+++ Records for this exercise +++

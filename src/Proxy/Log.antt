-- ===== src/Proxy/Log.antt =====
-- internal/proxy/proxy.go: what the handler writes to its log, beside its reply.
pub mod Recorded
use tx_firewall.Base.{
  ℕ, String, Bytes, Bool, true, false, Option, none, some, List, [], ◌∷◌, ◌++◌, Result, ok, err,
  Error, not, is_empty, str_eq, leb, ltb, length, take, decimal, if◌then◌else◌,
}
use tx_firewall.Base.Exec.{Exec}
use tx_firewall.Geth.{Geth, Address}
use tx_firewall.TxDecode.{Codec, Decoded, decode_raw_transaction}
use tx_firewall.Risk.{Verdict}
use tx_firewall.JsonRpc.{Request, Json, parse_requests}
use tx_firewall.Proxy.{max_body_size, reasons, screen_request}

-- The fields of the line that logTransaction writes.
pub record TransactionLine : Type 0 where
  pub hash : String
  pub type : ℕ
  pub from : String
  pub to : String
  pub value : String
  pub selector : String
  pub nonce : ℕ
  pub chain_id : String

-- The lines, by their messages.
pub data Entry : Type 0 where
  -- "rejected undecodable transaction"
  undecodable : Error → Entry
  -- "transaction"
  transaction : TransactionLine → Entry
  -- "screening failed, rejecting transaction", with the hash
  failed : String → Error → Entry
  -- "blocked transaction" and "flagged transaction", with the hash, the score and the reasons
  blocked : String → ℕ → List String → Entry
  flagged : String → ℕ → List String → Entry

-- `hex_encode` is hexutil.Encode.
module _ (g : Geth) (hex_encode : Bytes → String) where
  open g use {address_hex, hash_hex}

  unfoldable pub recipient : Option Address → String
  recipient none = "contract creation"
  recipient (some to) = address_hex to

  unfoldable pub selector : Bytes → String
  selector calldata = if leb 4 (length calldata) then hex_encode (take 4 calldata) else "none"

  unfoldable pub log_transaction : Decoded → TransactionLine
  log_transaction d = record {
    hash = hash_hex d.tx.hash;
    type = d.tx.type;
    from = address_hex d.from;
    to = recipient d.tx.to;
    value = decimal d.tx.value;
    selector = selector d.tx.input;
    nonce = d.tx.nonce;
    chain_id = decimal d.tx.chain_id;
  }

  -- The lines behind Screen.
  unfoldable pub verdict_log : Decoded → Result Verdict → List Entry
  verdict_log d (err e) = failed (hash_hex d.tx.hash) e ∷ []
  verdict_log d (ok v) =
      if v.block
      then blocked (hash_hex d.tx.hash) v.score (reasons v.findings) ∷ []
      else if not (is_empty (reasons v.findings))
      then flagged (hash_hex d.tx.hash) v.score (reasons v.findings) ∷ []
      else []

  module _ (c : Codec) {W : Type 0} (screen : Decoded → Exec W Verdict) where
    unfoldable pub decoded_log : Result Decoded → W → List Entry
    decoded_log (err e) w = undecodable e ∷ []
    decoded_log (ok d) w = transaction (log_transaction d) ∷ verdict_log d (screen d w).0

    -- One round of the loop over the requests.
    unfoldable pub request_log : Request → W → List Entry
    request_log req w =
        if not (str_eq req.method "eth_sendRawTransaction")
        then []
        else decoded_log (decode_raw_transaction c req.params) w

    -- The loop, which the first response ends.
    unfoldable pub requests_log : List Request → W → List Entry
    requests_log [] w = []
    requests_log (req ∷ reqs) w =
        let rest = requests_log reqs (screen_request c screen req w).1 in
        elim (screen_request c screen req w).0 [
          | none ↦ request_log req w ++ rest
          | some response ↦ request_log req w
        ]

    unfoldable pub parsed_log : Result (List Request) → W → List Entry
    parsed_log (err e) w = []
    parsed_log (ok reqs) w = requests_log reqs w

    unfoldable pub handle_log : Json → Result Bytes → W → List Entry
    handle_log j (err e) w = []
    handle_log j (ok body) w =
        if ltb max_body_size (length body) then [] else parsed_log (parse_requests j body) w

+++
+++ Records for this exercise +++

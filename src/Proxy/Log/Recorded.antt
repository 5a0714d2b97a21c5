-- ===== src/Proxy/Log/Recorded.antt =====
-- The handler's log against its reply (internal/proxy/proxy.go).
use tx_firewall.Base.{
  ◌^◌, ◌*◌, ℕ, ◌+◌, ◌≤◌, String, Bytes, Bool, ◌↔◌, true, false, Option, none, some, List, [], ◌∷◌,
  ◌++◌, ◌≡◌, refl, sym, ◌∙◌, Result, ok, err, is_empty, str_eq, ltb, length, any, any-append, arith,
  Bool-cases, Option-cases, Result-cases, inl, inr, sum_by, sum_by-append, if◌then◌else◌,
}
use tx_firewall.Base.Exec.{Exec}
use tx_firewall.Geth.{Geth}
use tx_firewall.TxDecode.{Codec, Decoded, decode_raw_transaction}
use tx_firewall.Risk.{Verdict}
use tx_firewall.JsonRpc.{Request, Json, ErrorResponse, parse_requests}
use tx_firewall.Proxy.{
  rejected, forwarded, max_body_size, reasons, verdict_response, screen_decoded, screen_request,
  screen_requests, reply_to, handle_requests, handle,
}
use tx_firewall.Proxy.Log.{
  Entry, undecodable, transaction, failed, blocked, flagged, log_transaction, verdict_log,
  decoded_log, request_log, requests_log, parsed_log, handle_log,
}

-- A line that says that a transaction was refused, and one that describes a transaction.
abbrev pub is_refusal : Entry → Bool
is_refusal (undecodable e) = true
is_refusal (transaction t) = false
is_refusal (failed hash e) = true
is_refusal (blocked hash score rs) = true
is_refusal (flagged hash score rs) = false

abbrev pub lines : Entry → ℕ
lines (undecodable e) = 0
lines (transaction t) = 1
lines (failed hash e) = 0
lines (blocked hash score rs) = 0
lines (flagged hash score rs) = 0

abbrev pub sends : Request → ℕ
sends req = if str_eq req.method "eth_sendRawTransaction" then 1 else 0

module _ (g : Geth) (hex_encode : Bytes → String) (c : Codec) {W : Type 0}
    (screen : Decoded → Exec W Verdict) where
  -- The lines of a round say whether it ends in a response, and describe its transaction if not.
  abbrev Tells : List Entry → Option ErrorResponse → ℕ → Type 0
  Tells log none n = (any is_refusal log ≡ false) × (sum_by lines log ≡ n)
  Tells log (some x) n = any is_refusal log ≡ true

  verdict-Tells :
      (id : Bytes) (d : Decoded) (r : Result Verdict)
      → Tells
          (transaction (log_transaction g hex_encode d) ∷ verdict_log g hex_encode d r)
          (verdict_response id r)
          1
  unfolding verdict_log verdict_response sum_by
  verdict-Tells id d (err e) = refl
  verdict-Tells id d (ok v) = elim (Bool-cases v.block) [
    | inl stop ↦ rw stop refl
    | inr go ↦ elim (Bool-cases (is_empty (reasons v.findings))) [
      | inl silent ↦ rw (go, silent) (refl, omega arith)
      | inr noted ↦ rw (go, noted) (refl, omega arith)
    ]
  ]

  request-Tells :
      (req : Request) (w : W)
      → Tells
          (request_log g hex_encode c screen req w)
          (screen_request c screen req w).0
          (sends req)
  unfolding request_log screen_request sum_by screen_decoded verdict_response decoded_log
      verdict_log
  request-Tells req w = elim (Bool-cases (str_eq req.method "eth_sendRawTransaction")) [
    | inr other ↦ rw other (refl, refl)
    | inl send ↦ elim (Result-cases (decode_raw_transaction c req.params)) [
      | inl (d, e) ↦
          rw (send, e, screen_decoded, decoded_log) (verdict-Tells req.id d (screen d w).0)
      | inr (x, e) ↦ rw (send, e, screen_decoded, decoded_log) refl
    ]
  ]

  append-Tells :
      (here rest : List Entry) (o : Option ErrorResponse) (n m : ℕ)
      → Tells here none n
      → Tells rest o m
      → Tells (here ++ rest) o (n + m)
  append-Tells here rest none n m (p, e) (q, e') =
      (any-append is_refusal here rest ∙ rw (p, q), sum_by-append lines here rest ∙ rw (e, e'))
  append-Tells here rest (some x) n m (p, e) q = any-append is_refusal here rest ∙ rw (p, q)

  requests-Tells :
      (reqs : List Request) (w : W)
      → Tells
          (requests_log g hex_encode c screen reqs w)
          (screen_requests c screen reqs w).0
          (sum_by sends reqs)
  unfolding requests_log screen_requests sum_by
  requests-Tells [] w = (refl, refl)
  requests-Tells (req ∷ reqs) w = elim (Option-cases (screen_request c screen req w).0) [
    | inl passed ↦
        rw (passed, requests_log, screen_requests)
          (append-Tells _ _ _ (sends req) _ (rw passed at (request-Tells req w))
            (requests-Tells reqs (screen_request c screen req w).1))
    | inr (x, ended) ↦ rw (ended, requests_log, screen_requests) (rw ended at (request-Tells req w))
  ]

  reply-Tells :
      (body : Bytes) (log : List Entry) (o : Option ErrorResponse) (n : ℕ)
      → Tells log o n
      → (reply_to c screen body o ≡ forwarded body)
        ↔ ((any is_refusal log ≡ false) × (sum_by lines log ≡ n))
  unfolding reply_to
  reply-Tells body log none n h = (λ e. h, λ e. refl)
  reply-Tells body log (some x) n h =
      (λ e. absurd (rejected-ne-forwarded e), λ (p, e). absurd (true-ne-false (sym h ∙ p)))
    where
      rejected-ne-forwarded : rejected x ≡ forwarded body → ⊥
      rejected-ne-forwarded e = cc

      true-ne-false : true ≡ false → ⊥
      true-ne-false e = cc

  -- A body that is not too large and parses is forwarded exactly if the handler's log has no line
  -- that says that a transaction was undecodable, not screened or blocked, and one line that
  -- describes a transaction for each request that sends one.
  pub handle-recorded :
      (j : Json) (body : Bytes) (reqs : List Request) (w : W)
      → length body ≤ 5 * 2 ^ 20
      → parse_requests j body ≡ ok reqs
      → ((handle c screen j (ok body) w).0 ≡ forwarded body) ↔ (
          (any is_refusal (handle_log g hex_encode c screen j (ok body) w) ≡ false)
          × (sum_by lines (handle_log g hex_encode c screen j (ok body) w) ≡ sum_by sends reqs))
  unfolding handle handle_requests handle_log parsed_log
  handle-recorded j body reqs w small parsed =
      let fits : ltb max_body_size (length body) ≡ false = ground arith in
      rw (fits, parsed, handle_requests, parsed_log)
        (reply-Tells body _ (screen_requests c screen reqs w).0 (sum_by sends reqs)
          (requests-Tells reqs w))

+++
+++ Records for this exercise +++

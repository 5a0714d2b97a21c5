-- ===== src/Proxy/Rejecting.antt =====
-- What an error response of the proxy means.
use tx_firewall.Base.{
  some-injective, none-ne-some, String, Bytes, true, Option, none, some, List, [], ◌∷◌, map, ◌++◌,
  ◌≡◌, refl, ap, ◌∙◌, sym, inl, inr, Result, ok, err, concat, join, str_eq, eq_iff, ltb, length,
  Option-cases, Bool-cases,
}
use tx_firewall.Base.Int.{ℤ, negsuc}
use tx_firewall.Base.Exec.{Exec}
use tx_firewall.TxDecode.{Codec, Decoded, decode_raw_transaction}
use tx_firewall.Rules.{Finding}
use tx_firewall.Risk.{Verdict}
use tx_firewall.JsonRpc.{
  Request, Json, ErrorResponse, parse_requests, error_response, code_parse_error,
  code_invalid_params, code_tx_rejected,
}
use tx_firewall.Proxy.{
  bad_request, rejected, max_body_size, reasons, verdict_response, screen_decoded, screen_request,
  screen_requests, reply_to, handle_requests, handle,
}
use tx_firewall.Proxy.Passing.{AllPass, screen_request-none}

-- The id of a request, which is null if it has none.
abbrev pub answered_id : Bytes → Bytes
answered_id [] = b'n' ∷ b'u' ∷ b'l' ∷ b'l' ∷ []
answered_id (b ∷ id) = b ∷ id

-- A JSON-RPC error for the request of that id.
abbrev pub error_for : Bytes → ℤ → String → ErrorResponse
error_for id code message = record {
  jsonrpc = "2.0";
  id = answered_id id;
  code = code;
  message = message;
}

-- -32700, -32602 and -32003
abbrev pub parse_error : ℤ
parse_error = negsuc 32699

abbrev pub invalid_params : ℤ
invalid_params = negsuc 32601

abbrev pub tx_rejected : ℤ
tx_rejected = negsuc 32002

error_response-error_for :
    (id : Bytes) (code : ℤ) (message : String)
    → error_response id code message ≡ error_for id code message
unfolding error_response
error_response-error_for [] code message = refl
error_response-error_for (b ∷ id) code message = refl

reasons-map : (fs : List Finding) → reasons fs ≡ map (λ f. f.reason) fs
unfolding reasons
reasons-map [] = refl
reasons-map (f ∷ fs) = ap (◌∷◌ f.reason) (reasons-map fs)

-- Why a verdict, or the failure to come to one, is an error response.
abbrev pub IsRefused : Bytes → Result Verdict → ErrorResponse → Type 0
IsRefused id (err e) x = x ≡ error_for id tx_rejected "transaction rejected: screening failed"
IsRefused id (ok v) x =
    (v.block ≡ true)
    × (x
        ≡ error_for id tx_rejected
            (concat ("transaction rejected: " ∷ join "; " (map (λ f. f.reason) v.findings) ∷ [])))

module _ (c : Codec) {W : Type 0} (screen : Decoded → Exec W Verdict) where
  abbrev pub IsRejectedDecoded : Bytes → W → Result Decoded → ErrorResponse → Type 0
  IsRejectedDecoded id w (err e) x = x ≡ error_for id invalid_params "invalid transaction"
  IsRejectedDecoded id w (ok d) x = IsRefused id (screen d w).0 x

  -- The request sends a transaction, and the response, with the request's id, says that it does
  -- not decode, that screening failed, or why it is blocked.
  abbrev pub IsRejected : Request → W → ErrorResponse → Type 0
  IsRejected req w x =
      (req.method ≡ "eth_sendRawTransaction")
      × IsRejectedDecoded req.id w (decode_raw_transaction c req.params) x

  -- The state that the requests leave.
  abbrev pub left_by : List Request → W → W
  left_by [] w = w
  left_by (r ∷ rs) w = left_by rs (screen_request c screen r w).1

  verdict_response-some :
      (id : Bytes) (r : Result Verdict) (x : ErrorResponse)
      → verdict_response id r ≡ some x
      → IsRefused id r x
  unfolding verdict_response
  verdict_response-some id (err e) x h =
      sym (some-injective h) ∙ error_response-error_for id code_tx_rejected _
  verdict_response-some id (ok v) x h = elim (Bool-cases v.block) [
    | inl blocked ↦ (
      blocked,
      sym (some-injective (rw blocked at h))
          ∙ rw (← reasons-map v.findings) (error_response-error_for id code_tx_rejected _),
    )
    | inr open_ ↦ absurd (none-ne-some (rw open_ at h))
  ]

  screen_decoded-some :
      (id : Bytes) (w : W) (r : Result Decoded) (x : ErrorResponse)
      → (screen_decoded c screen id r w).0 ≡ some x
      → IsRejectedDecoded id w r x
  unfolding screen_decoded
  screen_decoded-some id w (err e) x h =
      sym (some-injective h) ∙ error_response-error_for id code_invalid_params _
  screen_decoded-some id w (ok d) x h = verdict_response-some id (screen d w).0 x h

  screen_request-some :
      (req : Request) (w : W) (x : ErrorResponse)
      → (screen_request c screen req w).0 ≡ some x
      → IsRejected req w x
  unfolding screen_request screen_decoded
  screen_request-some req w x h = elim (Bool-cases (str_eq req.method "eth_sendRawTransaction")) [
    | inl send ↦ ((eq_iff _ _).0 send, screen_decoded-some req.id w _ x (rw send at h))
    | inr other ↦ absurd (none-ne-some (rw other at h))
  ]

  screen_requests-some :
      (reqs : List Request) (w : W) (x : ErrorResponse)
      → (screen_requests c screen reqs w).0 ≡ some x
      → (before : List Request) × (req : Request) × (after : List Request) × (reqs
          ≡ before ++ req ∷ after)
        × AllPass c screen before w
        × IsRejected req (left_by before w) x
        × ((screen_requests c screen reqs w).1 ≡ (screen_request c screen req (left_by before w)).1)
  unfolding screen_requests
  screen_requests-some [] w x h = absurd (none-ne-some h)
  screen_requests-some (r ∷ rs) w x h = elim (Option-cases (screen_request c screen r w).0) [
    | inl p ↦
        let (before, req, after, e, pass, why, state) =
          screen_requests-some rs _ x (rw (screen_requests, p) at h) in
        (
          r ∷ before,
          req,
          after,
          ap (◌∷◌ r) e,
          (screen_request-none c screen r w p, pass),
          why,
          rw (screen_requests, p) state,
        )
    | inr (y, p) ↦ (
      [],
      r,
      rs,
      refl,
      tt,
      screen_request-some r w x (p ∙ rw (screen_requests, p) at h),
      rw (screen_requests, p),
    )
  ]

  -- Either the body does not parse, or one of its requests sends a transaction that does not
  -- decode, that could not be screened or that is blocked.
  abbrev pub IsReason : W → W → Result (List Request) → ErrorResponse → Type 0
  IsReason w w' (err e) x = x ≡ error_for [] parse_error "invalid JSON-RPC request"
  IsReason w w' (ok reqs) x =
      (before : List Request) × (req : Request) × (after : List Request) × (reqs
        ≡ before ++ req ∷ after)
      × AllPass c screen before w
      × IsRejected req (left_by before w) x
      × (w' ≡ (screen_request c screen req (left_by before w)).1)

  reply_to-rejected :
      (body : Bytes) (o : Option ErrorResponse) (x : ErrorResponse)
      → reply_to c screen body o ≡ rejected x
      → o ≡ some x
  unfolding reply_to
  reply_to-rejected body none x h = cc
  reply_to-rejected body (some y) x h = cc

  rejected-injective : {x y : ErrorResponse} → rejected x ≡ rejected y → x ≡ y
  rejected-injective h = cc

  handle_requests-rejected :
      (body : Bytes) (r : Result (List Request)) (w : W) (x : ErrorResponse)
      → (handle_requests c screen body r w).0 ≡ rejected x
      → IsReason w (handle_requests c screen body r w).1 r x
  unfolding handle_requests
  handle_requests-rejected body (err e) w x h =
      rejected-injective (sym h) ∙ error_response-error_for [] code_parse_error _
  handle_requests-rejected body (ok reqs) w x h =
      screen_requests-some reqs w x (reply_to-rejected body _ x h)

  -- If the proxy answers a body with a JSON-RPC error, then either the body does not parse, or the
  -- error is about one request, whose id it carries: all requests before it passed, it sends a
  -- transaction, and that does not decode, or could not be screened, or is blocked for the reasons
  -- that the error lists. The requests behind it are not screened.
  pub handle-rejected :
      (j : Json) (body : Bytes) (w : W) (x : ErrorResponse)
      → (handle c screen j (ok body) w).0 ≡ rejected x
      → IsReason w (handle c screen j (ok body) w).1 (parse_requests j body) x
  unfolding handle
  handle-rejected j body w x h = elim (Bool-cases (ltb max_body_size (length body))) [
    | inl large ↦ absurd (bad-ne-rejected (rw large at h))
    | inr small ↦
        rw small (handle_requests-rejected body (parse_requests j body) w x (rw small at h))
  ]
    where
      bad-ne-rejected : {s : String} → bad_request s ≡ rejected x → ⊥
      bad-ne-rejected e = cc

+++

▶ Task description:
Write out every line from the entries where "cases" appears.

▶ Output:
  Bool-cases, Option-cases, Result-cases, inl, inr, sum_by, sum_by-append, if◌then◌else◌,
  verdict-Tells id d (ok v) = elim (Bool-cases v.block) [
    | inr go ↦ elim (Bool-cases (is_empty (reasons v.findings))) [
  request-Tells req w = elim (Bool-cases (str_eq req.method "eth_sendRawTransaction")) [
    | inl send ↦ elim (Result-cases (decode_raw_transaction c req.params)) [
  requests-Tells (req ∷ reqs) w = elim (Option-cases (screen_request c screen req w).0) [
  Option-cases, Bool-cases,
  verdict_response-some id (ok v) x h = elim (Bool-cases v.block) [
  screen_request-some req w x h = elim (Bool-cases (str_eq req.method "eth_sendRawTransaction")) [
  screen_requests-some (r ∷ rs) w x h = elim (Option-cases (screen_request c screen r w).0) [
  handle-rejected j body w x h = elim (Bool-cases (ltb max_body_size (length body))) [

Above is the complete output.